Transcribe each record exactly as it appears.
··· Information supplied
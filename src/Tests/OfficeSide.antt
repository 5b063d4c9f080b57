-- ===== src/Tests/OfficeSide.antt =====
-- The office's assignments, the schemas, the IMO numbers, and the locks aboard.
use ovl.Base.{
  keep, SomeOf, String, true, not, none, some, List, [], ◌∷◌, ◌≡◌, refl, All, keep, ◌⊎◌, arith,
  if◌then◌else◌,
}
use ovl.Base.Dict.{lookup}
use ovl.Validation.Finding.{Severity}
use ovl.Validation.Policy.{FieldPolicyState}
use ovl.Schema.Diff.{diff_schemas}
use ovl.Schema.Diff.Partition.{has_name, diff_schemas_lem}
use ovl.Office.Scope.{ScopeType}
use ovl.Office.Severities.{RuleSeverityAssignment, strictest_group_severity, effective_severities}
use ovl.Office.Severities.Assigned.{may_be_set}
use ovl.Office.Severities.Resolved.{
  bounded_by, or_else, set_by, strictest_group_severity_lem, effective_severities-resolved,
}
use ovl.Office.FieldPolicy.{
  SchemaFieldPolicy, sets_rule, strictest_group_rule, new_unchecked, effective_field_policy,
}
use ovl.Office.FieldPolicy.Precedence.{rule_source}
use ovl.Office.Scope.Named.{names_vessel, names_fleet, names_group, last_or}
use ovl.Office.FieldPolicy.Whole.{state_in, events_in, effective_rule_whole}
use ovl.Office.FieldPolicy.Strictest.{as_strict, strictest_group_rule_lem}
use ovl.Office.Vessels.{validate_codes}
use ovl.Office.Vessels.Transposed.{exchange, seven, exchange_caught}
use ovl.Vessel.Locks.{
  SectionLock, LockKey, Call, acquire_call, sweep_call, acquire, lock_for, find, set, calls, holder,
  lock_ttl,
}
use ovl.Vessel.Locks.Exclusive.{acquired_until_expiry}
use ovl.Tests.{schema, distance}

abbrev for_group : String → Severity → RuleSeverityAssignment
for_group g s = record {
  scope = record { type = ScopeType.group; key = g };
  severities = ("continuity.timeChain", s) ∷ [];
}

abbrev two_groups : List RuleSeverityAssignment
two_groups = for_group "tankers" Severity.info ∷ for_group "dp" Severity.error ∷ []

strictest_group_severity_lem_example :
    All
      (λ a.
        bounded_by
          (strictest_group_severity two_groups "continuity.timeChain")
          (lookup "continuity.timeChain" a.severities)
        ≡ true)
      two_groups
    × ((strictest_group_severity two_groups "continuity.timeChain" ≡ none)
        ⊎ SomeOf
            (λ a.
              lookup "continuity.timeChain" a.severities
              ≡ strictest_group_severity two_groups "continuity.timeChain")
            two_groups)
strictest_group_severity_lem_example =
    strictest_group_severity_lem two_groups "continuity.timeChain"

effective_severities-resolved_example :
    let own = last_or none (keep (λ a. names_vessel "v1" a.scope) two_groups) in
    let fleet = last_or none (keep (λ a. names_fleet a.scope) two_groups) in
    let groups = keep (λ a. names_group ("tankers" ∷ "dp" ∷ []) a.scope) two_groups in
    lookup "continuity.timeChain" (effective_severities two_groups "v1" ("tankers" ∷ "dp" ∷ [])) ≡ (
      if may_be_set "continuity.timeChain"
      then or_else (set_by own "continuity.timeChain") (
          or_else
            (strictest_group_severity groups "continuity.timeChain")
            (set_by fleet "continuity.timeChain"))
      else none)
effective_severities-resolved_example =
    effective_severities-resolved two_groups "v1" ("tankers" ∷ "dp" ∷ []) "continuity.timeChain"

diff_schemas_lem_example :
    ((diff_schemas schema (record schema { fields = distance ∷ [] })).added
      ≡ keep (λ f. not (has_name f.name schema.fields)) (distance ∷ []))
    × ((diff_schemas schema (record schema { fields = distance ∷ [] })).removed
        ≡ keep (λ f. not (has_name f.name (distance ∷ []))) schema.fields)
diff_schemas_lem_example = diff_schemas_lem schema (record schema { fields = distance ∷ [] })

-- The fleet narrows a field to arrivals; the vessel hides it.
abbrev assignments : List SchemaFieldPolicy
assignments =
    record (new_unchecked (record { type = ScopeType.fleet; key = "" }) "log" "1") {
      events = ("Remarks", "Arrival" ∷ []) ∷ [];
    }
    ∷ record (new_unchecked (record { type = ScopeType.vessel; key = "v1" }) "log" "1") {
      policy = ("Remarks", FieldPolicyState.hidden) ∷ [];
    }
    ∷ []

effective_rule_whole_example :
    let winner = rule_source assignments "v1" [] "log" "1" "Remarks" in
    let result = effective_field_policy assignments "v1" [] "log" "1" in
    (lookup "Remarks" result.policy ≡ state_in winner "Remarks")
    × (lookup "Remarks" result.events ≡ events_in winner "Remarks")
effective_rule_whole_example = effective_rule_whole assignments "v1" [] "log" "1" "Remarks"

-- 9900007 is valid, and its first two digits are equal.
exchange_caught_example : exchange 0 (seven 57 57 48 48 48 48 55) ≡ seven 57 57 48 48 48 48 55
unfolding validate_codes
exchange_caught_example = exchange_caught 57 57 48 48 48 48 55 0 refl refl

abbrev key : LockKey
key = record { report_id = "r"; section = "voyage" }

abbrev masters_lock : SectionLock
masters_lock = record {
  report_id = "r";
  section = "voyage";
  user_id = "u1";
  username = "master";
  role = "master";
  acquired_at = 10;
  renewed_at = 10;
}

abbrev others : List Call
others = acquire_call 20 key "u2" "mate" "mate" ∷ sweep_call 30 ∷ []

acquired_until_expiry_example :
    (holder
        (calls lock_ttl others (acquire [] lock_ttl 10 key "u1" "master" "master").0)
        lock_ttl
        40
        key
      ≡ some masters_lock)
    × (masters_lock.user_id ≡ "u1")
unfolding acquire lock_for find set
acquired_until_expiry_example =
    acquired_until_expiry [] lock_ttl 10 key "u1" "master" "master" masters_lock others 40 refl refl
      refl (ground arith)

strictest_group_rule_lem_example :
    All
      (λ a.
        sets_rule "Remarks" a ≡ true
        → as_strict "Remarks" (strictest_group_rule assignments "Remarks") a ≡ true)
      assignments
    × ((strictest_group_rule assignments "Remarks" ≡ none)
        ⊎ SomeOf
            (λ a.
              (strictest_group_rule assignments "Remarks" ≡ some a)
              × (sets_rule "Remarks" a ≡ true))
            assignments)
strictest_group_rule_lem_example = strictest_group_rule_lem assignments "Remarks"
······
Answer section
filename src/Tests/OfficeSide.antt
repository 5b063d4c9f080b57
-- ===== src/Tests/OfficeSide.antt =====
-- The office's assignments, the schemas, the IMO numbers, and the locks aboard.
use ovl.Base.{
  keep, SomeOf, String, true, not, none, some, List, [], ◌∷◌, ◌≡◌, refl, All, keep, ◌⊎◌, arith,
  if◌then◌else◌,
}
use ovl.Base.Dict.{lookup}
use ovl.Validation.Finding.{Severity}
use ovl.Validation.Policy.{FieldPolicyState}
use ovl.Schema.Diff.{diff_schemas}
use ovl.Schema.Diff.Partition.{has_name, diff_schemas_lem}
use ovl.Office.Scope.{ScopeType}
use ovl.Office.Severities.{RuleSeverityAssignment, strictest_group_severity, effective_severities}
use ovl.Office.Severities.Assigned.{may_be_set}
use ovl.Office.Severities.Resolved.{
  bounded_by, or_else, set_by, strictest_group_severity_lem, effective_severities-resolved,
}
use ovl.Office.FieldPolicy.{
  SchemaFieldPolicy, sets_rule, strictest_group_rule, new_unchecked, effective_field_policy,
}
use ovl.Office.FieldPolicy.Precedence.{rule_source}
use ovl.Office.Scope.Named.{names_vessel, names_fleet, names_group, last_or}
use ovl.Office.FieldPolicy.Whole.{state_in, events_in, effective_rule_whole}
use ovl.Office.FieldPolicy.Strictest.{as_strict, strictest_group_rule_lem}
use ovl.Office.Vessels.{validate_codes}
use ovl.Office.Vessels.Transposed.{exchange, seven, exchange_caught}
use ovl.Vessel.Locks.{
  SectionLock, LockKey, Call, acquire_call, sweep_call, acquire, lock_for, find, set, calls, holder,
  lock_ttl,
}
use ovl.Vessel.Locks.Exclusive.{acquired_until_expiry}
use ovl.Tests.{schema, distance}

abbrev for_group : String → Severity → RuleSeverityAssignment
for_group g s = record {
  scope = record { type = ScopeType.group; key = g };
  severities = ("continuity.timeChain", s) ∷ [];
}

abbrev two_groups : List RuleSeverityAssignment
two_groups = for_group "tankers" Severity.info ∷ for_group "dp" Severity.error ∷ []

strictest_group_severity_lem_example :
    All
      (λ a.
        bounded_by
          (strictest_group_severity two_groups "continuity.timeChain")
          (lookup "continuity.timeChain" a.severities)
        ≡ true)
      two_groups
    × ((strictest_group_severity two_groups "continuity.timeChain" ≡ none)
        ⊎ SomeOf
            (λ a.
              lookup "continuity.timeChain" a.severities
              ≡ strictest_group_severity two_groups "continuity.timeChain")
            two_groups)
strictest_group_severity_lem_example =
    strictest_group_severity_lem two_groups "continuity.timeChain"

effective_severities-resolved_example :
    let own = last_or none (keep (λ a. names_vessel "v1" a.scope) two_groups) in
    let fleet = last_or none (keep (λ a. names_fleet a.scope) two_groups) in
    let groups = keep (λ a. names_group ("tankers" ∷ "dp" ∷ []) a.scope) two_groups in
    lookup "continuity.timeChain" (effective_severities two_groups "v1" ("tankers" ∷ "dp" ∷ [])) ≡ (
      if may_be_set "continuity.timeChain"
      then or_else (set_by own "continuity.timeChain") (
          or_else
            (strictest_group_severity groups "continuity.timeChain")
            (set_by fleet "continuity.timeChain"))
      else none)
effective_severities-resolved_example =
    effective_severities-resolved two_groups "v1" ("tankers" ∷ "dp" ∷ []) "continuity.timeChain"

diff_schemas_lem_example :
    ((diff_schemas schema (record schema { fields = distance ∷ [] })).added
      ≡ keep (λ f. not (has_name f.name schema.fields)) (distance ∷ []))
    × ((diff_schemas schema (record schema { fields = distance ∷ [] })).removed
        ≡ keep (λ f. not (has_name f.name (distance ∷ []))) schema.fields)
diff_schemas_lem_example = diff_schemas_lem schema (record schema { fields = distance ∷ [] })

-- The fleet narrows a field to arrivals; the vessel hides it.
abbrev assignments : List SchemaFieldPolicy
assignments =
    record (new_unchecked (record { type = ScopeType.fleet; key = "" }) "log" "1") {
      events = ("Remarks", "Arrival" ∷ []) ∷ [];
    }
    ∷ record (new_unchecked (record { type = ScopeType.vessel; key = "v1" }) "log" "1") {
      policy = ("Remarks", FieldPolicyState.hidden) ∷ [];
    }
    ∷ []

effective_rule_whole_example :
    let winner = rule_source assignments "v1" [] "log" "1" "Remarks" in
    let result = effective_field_policy assignments "v1" [] "log" "1" in
    (lookup "Remarks" result.policy ≡ state_in winner "Remarks")
    × (lookup "Remarks" result.events ≡ events_in winner "Remarks")
effective_rule_whole_example = effective_rule_whole assignments "v1" [] "log" "1" "Remarks"

-- 9900007 is valid, and its first two digits are equal.
exchange_caught_example : exchange 0 (seven 57 57 48 48 48 48 55) ≡ seven 57 57 48 48 48 48 55
unfolding validate_codes
exchange_caught_example = exchange_caught 57 57 48 48 48 48 55 0 refl refl

abbrev key : LockKey
key = record { report_id = "r"; section = "voyage" }

abbrev masters_lock : SectionLock
masters_lock = record {
  report_id = "r";
  section = "voyage";
  user_id = "u1";
  username = "master";
  role = "master";
  acquired_at = 10;
  renewed_at = 10;
}

abbrev others : List Call
others = acquire_call 20 key "u2" "mate" "mate" ∷ sweep_call 30 ∷ []

acquired_until_expiry_example :
    (holder
        (calls lock_ttl others (acquire [] lock_ttl 10 key "u1" "master" "master").0)
        lock_ttl
        40
        key
      ≡ some masters_lock)
    × (masters_lock.user_id ≡ "u1")
unfolding acquire lock_for find set
acquired_until_expiry_example =
    acquired_until_expiry [] lock_ttl 10 key "u1" "master" "master" masters_lock others 40 refl refl
      refl (ground arith)

strictest_group_rule_lem_example :
    All
      (λ a.
        sets_rule "Remarks" a ≡ true
        → as_strict "Remarks" (strictest_group_rule assignments "Remarks") a ≡ true)
      assignments
    × ((strictest_group_rule assignments "Remarks" ≡ none)
        ⊎ SomeOf
            (λ a.
              (strictest_group_rule assignments "Remarks" ≡ some a)
              × (sets_rule "Remarks" a ≡ true))
            assignments)
strictest_group_rule_lem_example = strictest_group_rule_lem assignments "Remarks"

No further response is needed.